# WHAT NEEDS TO BE DONE:
Go through the entries below from the first line and output each one exactly, up to and including the line with "then ok (blank_records".

# Stored data entries:
___

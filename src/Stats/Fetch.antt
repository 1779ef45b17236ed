-- ===== src/Stats/Fetch.antt =====
-- api/actions/process_stats.go: `FetchStats` and `FetchAppProcessesStats`, which collect the records
-- of `Records`.
use korifi.Base.{String, List, [], ◌∷◌, ◌++◌, ◌==◌, concat, if◌then◌else◌}
use korifi.Base.Int.{ℤ}
use korifi.Kube.Errors.{ApiError, Result, ok, err, wrap}
use korifi.Stats.Records.{
  Units, PodStatsRecord, ProcessRecord, PodMetrics, StatsError, failure, panic, blank_records,
  expected_records, fill_records,
}

module _ (units : Units) where
  -- The repositories that the statistics are collected from.
  pub record Repositories : Type 0 where
    pub get_process : String → Result ApiError (ProcessRecord units)
    pub get_app_state : String → Result ApiError String
    pub get_metrics : String → String → Result ApiError (List (PodMetrics units))
    pub list_processes : String → Result ApiError (List (ProcessRecord units))

  abbrev pub filled :
      (String → Result String ℤ)
      → (ProcessRecord units)
      → String
      → Result ApiError (List (PodMetrics units))
      → Result StatsError (List (PodStatsRecord units))
  filled atoi process guid (err e) = err (failure e)
  filled atoi process guid (ok metrics) =
      fill_records units atoi process metrics
        (expected_records units process guid process.desired_instances)

  abbrev pub stats_of :
      (String → Result String ℤ)
      → (ProcessRecord units)
      → String
      → Result ApiError String
      → Result ApiError (List (PodMetrics units))
      → Result StatsError (List (PodStatsRecord units))
  stats_of atoi process guid (err e) metrics = err (failure e)
  stats_of atoi process guid (ok state) metrics =
      if state == "STOPPED"
      then ok (blank_records units process guid 0 1)
      else filled atoi process guid metrics

  abbrev pub process_stats :
      (String → Result String ℤ)
      → Repositories
      → String
      → Result ApiError (ProcessRecord units)
      → Result StatsError (List (PodStatsRecord units))
  process_stats atoi repos guid (err e) = err (failure e)
  process_stats atoi repos guid (ok process) =
      stats_of atoi process guid (repos.get_app_state process.app_guid)
        (repos.get_metrics process.app_guid guid)

  unfoldable pub fetch_stats :
      (String → Result String ℤ)
      → Repositories
      → String
      → Result StatsError (List (PodStatsRecord units))
  fetch_stats atoi repos guid = process_stats atoi repos guid (repos.get_process guid)

  abbrev append_stats :
      List (PodStatsRecord units)
      → Result StatsError (List (PodStatsRecord units))
      → String
      → Result StatsError (List (PodStatsRecord units))
  append_stats stats (err (failure e)) guid =
      err (failure (wrap (concat ("falied to fetch process stats for process " ∷ guid ∷ [])) e))
  append_stats stats (err panic) guid = err panic
  append_stats stats (ok more) guid = ok (stats ++ more)

  unfoldable pub fetch_all :
      (String → Result String ℤ)
      → Repositories
      → List (ProcessRecord units)
      → Result StatsError (List (PodStatsRecord units))
      → Result StatsError (List (PodStatsRecord units))
  fetch_all atoi repos processes (err e) = err e
  fetch_all atoi repos [] (ok stats) = ok stats
  fetch_all atoi repos (p ∷ processes) (ok stats) =
      fetch_all atoi repos processes (append_stats stats (fetch_stats atoi repos p.guid) p.guid)

  abbrev all_stats :
      (String → Result String ℤ)
      → Repositories
      → String
      → Result ApiError (List (ProcessRecord units))
      → Result StatsError (List (PodStatsRecord units))
  all_stats atoi repos app_guid (err e) =
      err
        (failure (wrap (concat ("failed to list processes for app with guid " ∷ app_guid ∷ [])) e))
  all_stats atoi repos app_guid (ok processes) = fetch_all atoi repos processes (ok [])

  unfoldable pub fetch_app_processes_stats :
      (String → Result String ℤ)
      → Repositories
      → String
      → Result StatsError (List (PodStatsRecord units))
  fetch_app_processes_stats atoi repos app_guid =
      all_stats atoi repos app_guid (repos.list_processes app_guid)
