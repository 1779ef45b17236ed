-- ===== src/Stats/Reports.antt =====
-- Which pod gives the state of a record (api/actions/process_stats.go): the last one in the list of
-- metrics that has the record's index and is not DOWN.
use korifi.Base.{
  ℕ, ap, String, ◌≡◌, refl, List, [], ◌∷◌, ◌++◌, Bool, true, false, not, ◌&&◌, ◌==◌, ◌⊎◌, ◌∙◌, inl,
  inr, All, eqb, Bool-cases, if◌then◌else◌,
}
use korifi.Base.Int.{ℤ}
use korifi.Kube.Errors.{ApiError, Result, ok, err}
use korifi.Stats.Pods.{get_pod_state}
use korifi.Stats.Records.{Units, PodMetrics, extract_index}

module _ (units : Units) (atoi : String → Result String ℤ) where
  abbrev pub indexed_at : ℕ → Result ApiError ℕ → Bool
  indexed_at i (ok j) = eqb j i
  indexed_at i (err e) = false

  -- The metrics are of a pod that has the index `i` and is not DOWN.
  abbrev pub reports : ℕ → PodMetrics units → Bool
  reports i m = indexed_at i (extract_index units atoi m.pod) && not (get_pod_state m.pod == "DOWN")

  unfoldable pub state_at : ℕ → List (PodMetrics units) → String → String
  state_at i [] state = state
  state_at i (m ∷ ms) state = state_at i ms (if reports i m then get_pod_state m.pod else state)

  -- The state in record `i`: that of the last pod that reports it, or DOWN where none does.
  abbrev pub StateOf : List (PodMetrics units) → ℕ → String → Type 0
  StateOf ms i state =
      ((state ≡ "DOWN") × All (λ m. reports i m ≡ false) ms)
      ⊎ ((before : List (PodMetrics units)) × (m : PodMetrics units) × (after : List
            (PodMetrics units))
          × (ms ≡ before ++ m ∷ after)
          × (reports i m ≡ true)
          × All (λ m. reports i m ≡ false) after
          × (state ≡ get_pod_state m.pod))

  pub state_at_lem :
      (i : ℕ) (ms : List (PodMetrics units)) (s : String)
      → ((state_at i ms s ≡ s) × All (λ m. reports i m ≡ false) ms)
        ⊎ ((before : List (PodMetrics units)) × (m : PodMetrics units) × (after : List
              (PodMetrics units))
            × (ms ≡ before ++ m ∷ after)
            × (reports i m ≡ true)
            × All (λ m. reports i m ≡ false) after
            × (state_at i ms s ≡ get_pod_state m.pod))
  unfolding state_at
  state_at_lem i [] s = inl (refl, tt)
  state_at_lem i (m ∷ ms) s =
      let s' = if reports i m then get_pod_state m.pod else s in
      elim (state_at_lem i ms s') [
        | inr (before, n, after, is, it, quiet, same) ↦
            inr (m ∷ before, n, after, ap (λ l. m ∷ l) is, it, quiet, same)
        | inl (same, quiet) ↦ elim (Bool-cases (reports i m)) [
          | inl this ↦ inr ([], m, ms, refl, this, quiet, same ∙ (rw this refl))
          | inr other ↦ inl (same ∙ (rw other refl), (other, quiet))
        ]
      ]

___

# TASK RESPONSE:
filename src/Stats/Fetch.antt
repository 1779ef45b17236ed
-- ===== src/Stats/Fetch.antt =====
-- api/actions/process_stats.go: `FetchStats` and `FetchAppProcessesStats`, which collect the records
-- of `Records`.
use korifi.Base.{String, List, [], ◌∷◌, ◌++◌, ◌==◌, concat, if◌then◌else◌}
use korifi.Base.Int.{ℤ}
use korifi.Kube.Errors.{ApiError, Result, ok, err, wrap}
use korifi.Stats.Records.{
  Units, PodStatsRecord, ProcessRecord, PodMetrics, StatsError, failure, panic, blank_records,
  expected_records, fill_records,
}

module _ (units : Units) where
  -- The repositories that the statistics are collected from.
  pub record Repositories : Type 0 where
    pub get_process : String → Result ApiError (ProcessRecord units)
    pub get_app_state : String → Result ApiError String
    pub get_metrics : String → String → Result ApiError (List (PodMetrics units))
    pub list_processes : String → Result ApiError (List (ProcessRecord units))

  abbrev pub filled :
      (String → Result String ℤ)
      → (ProcessRecord units)
      → String
      → Result ApiError (List (PodMetrics units))
      → Result StatsError (List (PodStatsRecord units))
  filled atoi process guid (err e) = err (failure e)
  filled atoi process guid (ok metrics) =
      fill_records units atoi process metrics
        (expected_records units process guid process.desired_instances)

  abbrev pub stats_of :
      (String → Result String ℤ)
      → (ProcessRecord units)
      → String
      → Result ApiError String
      → Result ApiError (List (PodMetrics units))
      → Result StatsError (List (PodStatsRecord units))
  stats_of atoi process guid (err e) metrics = err (failure e)
  stats_of atoi process guid (ok state) metrics =
      if state == "STOPPED"
      then ok (blank_records units process guid 0 1)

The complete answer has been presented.